[Source information]

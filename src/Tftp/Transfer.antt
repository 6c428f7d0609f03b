-- ===== src/Tftp/Transfer.antt =====
-- Transfers: whole runs of `tftp_receive_data` against an honest peer, with duplicates and timeouts.
use blackmagic_espidf.Base.{
  ℕ, ◌+◌, ◌-◌, ◌<◌, ◌≡◌, sym, ◌∙◌, ap, Option, none, List, ◌∷◌, ◌++◌, length, length-append, arith,
}
use blackmagic_espidf.Tftp.Packet.{ErrT, err_ok, Netbuf}
use blackmagic_espidf.Tftp.Receive.{
  Recv, datagram, timeout, Action, Outcome, returned, World, State, retransmits, continue, return,
  round, receive_loop, receive_data,
}
use blackmagic_espidf.Tftp.Rounds.{IsHealthy, IsData, written, written-append}
use blackmagic_espidf.Tftp.Datagrams.{round-last, round-more, round-again, round-late}

-- What a peer that sends `file`, of which blocks from `block` on are still to come, may make the
-- calls of `netconn_recv` return, while `retries` retransmissions are left; `rest` comes after.
pub data Transfer (rest : List Recv)
    : (block retries : ℕ) → (file : List ℕ) → List Recv → Type 0 where
  -- A block of less than 512 bytes is the last, be it empty.
  last :
      {block retries : ℕ} {file : List ℕ} (from : ℕ) (seg : List ℕ) (segs : Netbuf)
      → IsData block file seg segs
      → length file < 512
      → Transfer rest block retries file (datagram from (seg ∷ segs) ∷ rest)
  more :
      {block retries : ℕ} {file : List ℕ} {rs : List Recv} (from : ℕ) (seg : List ℕ) (segs : Netbuf)
      (payload file' : List ℕ)
      → file ≡ payload ++ file'
      → IsData block payload seg segs
      → length payload ≡ 512
      → Transfer rest (block + 1) retransmits file' rs
      → Transfer rest block retries file (datagram from (seg ∷ segs) ∷ rs)
  -- The block before comes again: its acknowledgement was lost, or the network doubled it.
  again :
      {block retries : ℕ} {file : List ℕ} {rs : List Recv} (from : ℕ) (seg : List ℕ) (segs : Netbuf)
      (payload : List ℕ)
      → 0 < block
      → IsData (block - 1) payload seg segs
      → Transfer rest block retries file rs
      → Transfer rest block retries file (datagram from (seg ∷ segs) ∷ rs)
  -- Nothing comes in time, behind the first block.
  late :
      {block retries : ℕ} {file : List ℕ} {rs : List Recv}
      → 0 < retries
      → 1 < block
      → Transfer rest block (retries - 1) file rs
      → Transfer rest block retries file (timeout ∷ rs)

abbrev Completed : World → State → List Recv → List ℕ → List Recv → Type 0
Completed w s rs file rest =
    (acts : List Action) × (receive_loop w s rs
      ≡ (acts, returned err_ok (s.received_len + length file) rest))
    × (written acts ≡ file)

abbrev at : ℕ → ℕ → ℕ → Option ℕ → State
at received_len block retries peer = record {
  received_len = received_len;
  block = block;
  retries = retries;
  peer = peer;
}

-- A round that goes on, in front of the others.
pub loop-continue :
    (w : World) (s s' : State) (r : Recv) (rs : List Recv) (acts acts' : List Action) (o : Outcome)
    → round w s r ≡ continue s' acts
    → receive_loop w s' rs ≡ (acts', o)
    → receive_loop w s (r ∷ rs) ≡ (acts ++ acts', o)
unfolding receive_loop
loop-continue w s s' r rs acts acts' o e f = rw (e, receive_loop) (rw f)

pub loop-return :
    (w : World) (s : State) (r : Recv) (rs : List Recv) (acts : List Action) (e : ErrT) (n : ℕ)
    → round w s r ≡ return e n acts
    → receive_loop w s (r ∷ rs) ≡ (acts, returned e n rs)
unfolding receive_loop
loop-return w s r rs acts e n h = rw (h, receive_loop)

completes_at :
    (w : World)
    → IsHealthy w
    → {rest : List Recv} {block retries : ℕ} {file : List ℕ} {rs : List Recv}
    → (received_len : ℕ) (peer : Option ℕ) → Transfer rest block retries file rs
    → Completed w (at received_len block retries peer) rs file rest
completes_at w healthy {rest} {block} {retries} received_len peer (last from seg segs d short) =
    let (acts, e, wr) =
      round-last w (at received_len block retries peer) from seg segs healthy d short in
    (acts, loop-return w _ _ rest acts err_ok _ e, wr)
completes_at w healthy {rest} {block} {retries} received_len peer
      (more {rs = rs} from seg segs payload file' whole d full t) =
    let s : State = at received_len block retries peer in
    let s' : State = at (received_len + length payload) (block + 1) retransmits none in
    let (acts, e, wr) = round-more w s from seg segs healthy d full in
    let (acts', f, wr') = completes_at w healthy (received_len + length payload) none t in
    (
      acts ++ acts',
      loop-continue w s s' _ rs acts acts' _ e f
          ∙ ap (λ k. (acts ++ acts', returned err_ok k rest))
              (omega (arith, ap length whole, length-append {0} payload file')),
      written-append acts acts' ∙ rw (wr, wr') (sym whole),
    )
completes_at w healthy {rest} {block} {retries} received_len peer
      (again {rs = rs} from seg segs payload started d t) =
    let s : State = at received_len block retries peer in
    let (acts, e, wr) = round-again w s from seg segs started d in
    let (acts', f, wr') = completes_at w healthy received_len none t in
    (
      acts ++ acts',
      loop-continue w s (at received_len block retries none) _ rs acts acts' _ e f,
      written-append acts acts' ∙ rw (wr, wr'),
    )
completes_at w healthy {rest} {block} {retries} received_len peer (late {rs = rs} left started t) =
    let s : State = at received_len block retries peer in
    let (acts, e, wr) = round-late w s left started in
    let (acts', f, wr') = completes_at w healthy received_len peer t in
    (
      acts ++ acts',
      loop-continue w s (at received_len block (retries - 1) peer) _ rs acts acts' _ e f,
      written-append acts acts' ∙ rw (wr, wr'),
    )

-- A transfer of a file whose peer is honest, with any duplicates of the block before and up to ten
-- timeouts in front of each block but the first, over a network and to a flash that take
-- everything: `tftp_receive_data` returns ERR_OK with the file's length, it has written the file's
-- bytes once and in order, and what comes after is left to read. It does so for the server (no
-- peer address) and the client.
pub receive_data-completes :
    (w : World) (peer : Option ℕ) {rest rs : List Recv} {file : List ℕ}
    → IsHealthy w
    → Transfer rest 1 10 file rs
    → (acts : List Action) × (receive_data w peer rs ≡ (acts, returned err_ok (length file) rest))
      × (written acts ≡ file)
unfolding receive_data
receive_data-completes w peer {rest} {file = file} healthy t =
    let (acts, e, wr) = completes_at w healthy 0 peer t in
    let count : 0 + length file ≡ length file = omega arith in
    (acts, e ∙ ap (λ k. (acts, returned err_ok k rest)) count, wr)
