-- ===== src/Tftp/Limits.antt =====
-- `tftp_receive_data` with any peer, network and flash: the count that it returns.
use native.Mathlib.Nat.{add-zero}
use blackmagic_espidf.Base.{
  length-drop, ℕ, ◌+◌, ◌-◌, ◌≤◌, ◌≡◌, refl, ◌∙◌, ap, subst, Bool, true, false, Option, none, some,
  List, [], ◌∷◌, ◌++◌, ltb, ◌==◌, if◌then◌else◌, drop, Bool-cases, inl, inr, length, length-append,
  arith,
}
use blackmagic_espidf.Tftp.Packet.{
  ErrT, err_ok, err_timeout, err_val, err_if, err_use, err, Netbuf, bytes, netbuf_len, ack_packet,
  read_u16_n, op_data,
}
use blackmagic_espidf.Tftp.Receive.{
  Recv, datagram, timeout, failed, Action, send, netbuf_delete, Outcome, returned, pending,
  undefined, World, State, retransmits, continue, return, overrun, round, receive_loop,
  receive_data, Next, write_chunks, acked, after, finish_block, if_written, accept_chunks,
  accept_block, on_datagram, on_timeout, on_failure, connections, dispatch,
}
use blackmagic_espidf.Tftp.Rounds.{written, written-append}

-- A count that is claimed by the code for success, and by no other.
abbrev Claimed : ErrT → ℕ → ℕ → Type 0
Claimed err_ok m n = m ≡ n
Claimed err_timeout m n = Unit
Claimed err_val m n = Unit
Claimed err_if m n = Unit
Claimed err_use m n = Unit
Claimed (err k) m n = Unit

Claimed-of_eq : (e : ErrT) {m n : ℕ} → m ≡ n → Claimed e m n
Claimed-of_eq err_ok h = h
Claimed-of_eq err_timeout h = tt
Claimed-of_eq err_val h = tt
Claimed-of_eq err_if h = tt
Claimed-of_eq err_use h = tt
Claimed-of_eq (err k) h = tt

-- `received_len` grows by what is written, as long as the function does not report an error.
abbrev Counts : ℕ → Next → Type 0
Counts n (continue s acts) = s.received_len ≡ n + length (written acts)
Counts n (return e m acts) = Claimed e m (n + length (written acts))
Counts n (overrun acts) = Unit

length-written-append :
    (n k : ℕ) (xs ys : List Action)
    → length (written xs) ≡ k
    → n + k + length (written ys) ≡ n + length (written (xs ++ ys))
length-written-append n k xs ys h =
    omega (arith, h, ap length (written-append xs ys), length-append {0} (written xs) (written ys))

Counts-after :
    (n k : ℕ) (acts : List Action) (x : Next)
    → Counts (n + k) x
    → length (written acts) ≡ k
    → Counts n (after acts x)
Counts-after n k acts (continue s acts') h e = h ∙ length-written-append n k acts acts' e
Counts-after n k acts (return e' m acts') h e =
    subst (Claimed e' m) (length-written-append n k acts acts' e) h
Counts-after n k acts (overrun acts') h e = tt

acked-Counts :
    (w : World) (s : State) (len : ℕ) (e : ErrT) → Counts s.received_len (acked w s len e)
unfolding acked
acked-Counts w s len err_ok = ground arith
acked-Counts w s len e = tt

write_chunks-all :
    (w : World) (n : ℕ) (chunks : List (List ℕ))
    → (write_chunks w n chunks).1 ≡ true
    → written (write_chunks w n chunks).0 ≡ bytes chunks
unfolding write_chunks
write_chunks-all w n [] e = refl
write_chunks-all w n (chunk ∷ chunks) e =
    ground (arith, write_chunks-all w (n + length chunk) chunks)

finish_block-Counts :
    (w : World) (s : State) (len : ℕ) → Counts (s.received_len + (len - 4)) (finish_block w s len)
finish_block-Counts w s len =
    Counts-after (s.received_len + (len - 4)) 0 (netbuf_delete ∷ send (ack_packet s.block) ∷ [])
      (acked w s' len (w.send_result (ack_packet s.block)))
      (rw add-zero (acked-Counts w s' len (w.send_result (ack_packet s.block)))) refl
  where
    s' : State
    s' = record s { received_len = s.received_len + (len - 4) }

length-payload :
    (seg : List ℕ) (segs : Netbuf)
    → 4 ≤ length seg
    → length (bytes (drop 4 seg ∷ segs)) ≡ netbuf_len (seg ∷ segs) - 4
length-payload seg segs h = omega (
  arith,
  length-append {0} (drop 4 seg) (bytes segs),
  length-append {0} seg (bytes segs),
  length-drop {0} 4 seg,
)

if_written-Counts :
    (w : World) (s : State) (len : ℕ) (r : List Action × Bool)
    → (r.1 ≡ true → length (written r.0) ≡ len - 4)
    → Counts s.received_len
        (if_written s r (finish_block w (record s { retries = retransmits }) len))
if_written-Counts w s len (acts, true) h =
    Counts-after s.received_len (len - 4) acts
      (finish_block w (record s { retries = retransmits }) len)
      (finish_block-Counts w (record s { retries = retransmits }) len) (h refl)
if_written-Counts w s len (acts, false) h = tt

accept_block-Counts :
    (w : World) (s : State) (b : Netbuf) → Counts s.received_len (accept_block w s b)
unfolding accept_chunks
accept_block-Counts w s [] = tt
accept_block-Counts w s (seg ∷ segs) = elim (Bool-cases (ltb (length seg) 4)) [
  | inl short ↦ rw short tt
  | inr whole ↦
      let chunks : List (List ℕ) = drop 4 seg ∷ segs in
      rw whole (
        if_written-Counts w s (netbuf_len (seg ∷ segs)) (write_chunks w s.received_len chunks) (λ e.
          ap length (write_chunks-all w s.received_len chunks e)
          ∙ length-payload seg segs (ground arith)))
]

Counts-if :
    (n : ℕ) (b : Bool) (x y : Next) → Counts n x → Counts n y → Counts n (if b then x else y)
Counts-if n true x y h k = h
Counts-if n false x y h k = k

on_datagram-Counts :
    (w : World) (s : State) (b : Netbuf) → Counts s.received_len (on_datagram w s b)
unfolding on_datagram
on_datagram-Counts w s b =
    Counts-if n (read_u16_n w.junk b 0 == op_data) _ _
      (Counts-if n (read_u16_n w.junk b 2 == s.block) _ _ (accept_block-Counts w s b)
        (Counts-if n (read_u16_n w.junk b 2 == s.block - 1) _ _ (omega arith) tt))
      tt
  where
    n : ℕ
    n = s.received_len

dispatch-Counts : (w : World) (s : State) (r : Recv) → Counts s.received_len (dispatch w s r)
unfolding dispatch on_timeout on_failure
dispatch-Counts w s (datagram from b) = on_datagram-Counts w s b
dispatch-Counts w s timeout = ground arith
dispatch-Counts w s (failed e) = Claimed-of_eq e (omega arith)

connections-written : (p : Option ℕ) (r : Recv) → written (connections p r).1 ≡ []
unfolding connections
connections-written none r = refl
connections-written (some peer) (datagram from b) = refl
connections-written (some peer) timeout = refl
connections-written (some peer) (failed e) = refl

round-Counts : (w : World) (s : State) (r : Recv) → Counts s.received_len (round w s r)
unfolding round
round-Counts w s r =
    let p : Option ℕ = (connections s.peer r).0 in
    Counts-after s.received_len 0 (connections s.peer r).1 (dispatch w (record s { peer = p }) r)
      (rw add-zero (dispatch-Counts w (record s { peer = p }) r))
      (ap length (connections-written s.peer r))

abbrev RunCounts : ℕ → List Action × Outcome → Type 0
RunCounts n (acts, returned e m rest) = Claimed e m (n + length (written acts))
RunCounts n (acts, pending) = Unit
RunCounts n (acts, undefined) = Unit

RunCounts-after :
    (n k : ℕ) (acts : List Action) (x : List Action × Outcome)
    → RunCounts k x
    → k ≡ n + length (written acts)
    → RunCounts n (acts ++ x.0, x.1)
RunCounts-after n k acts (acts', returned e m rest) h q =
    subst (Claimed e m)
      (ap (λ j. j + length (written acts')) q
        ∙ length-written-append n (length (written acts)) acts acts' refl)
      h
RunCounts-after n k acts (acts', pending) h q = tt
RunCounts-after n k acts (acts', undefined) h q = tt

loop-Counts :
    (w : World) (rs : List Recv) (s : State) → RunCounts s.received_len (receive_loop w s rs)
unfolding receive_loop
loop-Counts w [] s = tt
loop-Counts w (r ∷ rs) s = by_round (round w s r) (round-Counts w s r) (λ s'. loop-Counts w rs s')
  where
    by_round :
        (x : Next)
        → Counts s.received_len x
        → ((s' : State) → RunCounts s'.received_len (receive_loop w s' rs))
        → RunCounts s.received_len (elim x [
          | continue s' acts' ↦ (acts' ++ (receive_loop w s' rs).0, (receive_loop w s' rs).1)
          | return e m acts' ↦ (acts', returned e m rs)
          | overrun acts' ↦ (acts', undefined)
        ])
    by_round (continue s' acts') c ih =
        RunCounts-after s.received_len s'.received_len acts' (receive_loop w s' rs) (ih s') c
    by_round (return e m acts') c ih = c
    by_round (overrun acts') c ih = tt

-- With any peer, network and flash: if `tftp_receive_data` returns ERR_OK, then the length that it
-- reports is the number of bytes that it has handed to `esp_ota_write`.
pub receive_data-counts :
    (w : World) (peer : Option ℕ) (rs rest : List Recv) (acts : List Action) (n : ℕ)
    → receive_data w peer rs ≡ (acts, returned err_ok n rest)
    → n ≡ length (written acts)
unfolding receive_data
receive_data-counts w peer rs rest acts n e =
    subst (RunCounts 0) e (
      loop-Counts w rs (record { received_len = 0; block = 1; retries = retransmits; peer = peer }))
    ∙ omega arith
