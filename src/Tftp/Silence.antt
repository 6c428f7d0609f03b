-- ===== src/Tftp/Silence.antt =====
-- `tftp_receive_data` with a silent peer.
use blackmagic_espidf.Base.{
  ℕ, zero, suc, ◌-◌, ◌≤◌, ◌<◌, ◌≡◌, ◌⊎◌, inl, inr, refl, ◌∙◌, List, [], ◌∷◌, ◌++◌, ltb, ◌&&◌,
  replicate, arith, false, Bool-cases, if◌then◌else◌,
}
use blackmagic_espidf.Base.Text.{codes}
use blackmagic_espidf.Tftp.Packet.{err_timeout}
use blackmagic_espidf.Tftp.Receive.{
  Recv, timeout, Action, returned, World, State, return, send_error, connections, dispatch,
  on_timeout, round, receive_loop,
}
use blackmagic_espidf.Tftp.Rounds.{written, written-append}
use blackmagic_espidf.Tftp.Datagrams.{round-late, reconnected}
use blackmagic_espidf.Tftp.Transfer.{loop-continue, loop-return}

no_more : (a b : ℕ) → (a ≡ 0) ⊎ (b ≤ 1) → (ltb 0 a && ltb 1 b) ≡ false
no_more a b h = ground arith

-- A timeout with no retransmission left, or in front of the first block.
round-gives_up :
    (w : World) (s : State)
    → (s.retries ≡ 0) ⊎ (s.block ≤ 1)
    → (acts : List Action) × (round w s timeout ≡ return err_timeout s.received_len acts)
      × (written acts ≡ [])
unfolding round dispatch on_timeout
round-gives_up w s h =
    let setup : List Action = (connections s.peer timeout).1 in
    let report : List Action = send_error (codes "Timeout") ∷ [] in
    (
      setup ++ report,
      rw (no_more s.retries s.block h),
      written-append setup report ∙ rw (reconnected s.peer).1,
    )

Abandoned : World → State → List Recv → List Recv → Type 0
Abandoned w s rs rest =
    (acts : List Action) × (receive_loop w s rs ≡ (acts, returned err_timeout s.received_len rest))
    × (written acts ≡ [])

silence-ends :
    (w : World) (n : ℕ) (s : State) (rest : List Recv)
    → s.retries ≡ n
    → 1 < s.block
    → Abandoned w s (replicate (suc n) timeout ++ rest) rest
unfolding Abandoned
silence-ends w zero s rest left started =
    let (acts, e, wr) = round-gives_up w s (inl left) in
    (acts, loop-return w s timeout rest acts err_timeout s.received_len e, wr)
silence-ends w (suc n) s rest left started =
    let s' : State = record s { retries = s.retries - 1 } in
    let (acts, e, wr) = round-late w s (omega arith) started in
    let (acts', f, wr') = silence-ends w n s' rest (omega arith) started in
    (
      acts ++ acts',
      loop-continue w s s' timeout (replicate (suc n) timeout ++ rest) acts acts' _ e f,
      written-append acts acts' ∙ rw (wr, wr'),
    )

-- How many timeouts in a row end a transfer: behind the first block one more than there are
-- retransmissions left, in front of it one.
abbrev patience : State → ℕ
patience s = if ltb 1 s.block then suc s.retries else 1

-- Silence ends a transfer: after `patience` timeouts in a row the function returns ERR_TIMEOUT.
-- Nothing is written meanwhile, and the count of bytes stays.
pub receive_loop-gives_up :
    (w : World) (s : State) (rest : List Recv)
    → (acts : List Action) × (receive_loop w s (replicate (patience s) timeout ++ rest)
        ≡ (acts, returned err_timeout s.received_len rest))
      × (written acts ≡ [])
unfolding Abandoned
receive_loop-gives_up w s rest = elim (Bool-cases (ltb 1 s.block)) [
  | inl started ↦ rw started (silence-ends w s.retries s rest refl (ground arith))
  | inr first ↦
      let (acts, e, wr) = round-gives_up w s (inr (ground arith)) in
      rw first (acts, loop-return w s timeout rest acts err_timeout s.received_len e, wr)
]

[/Source information]

To do
Only lines with the string "patience" are wanted; please find each one in the listing and copy it.

Result of the exercise
abbrev patience : State → ℕ
patience s = if ltb 1 s.block then suc s.retries else 1
-- Silence ends a transfer: after `patience` timeouts in a row the function returns ERR_TIMEOUT.
    → (acts : List Action) × (receive_loop w s (replicate (patience s) timeout ++ rest)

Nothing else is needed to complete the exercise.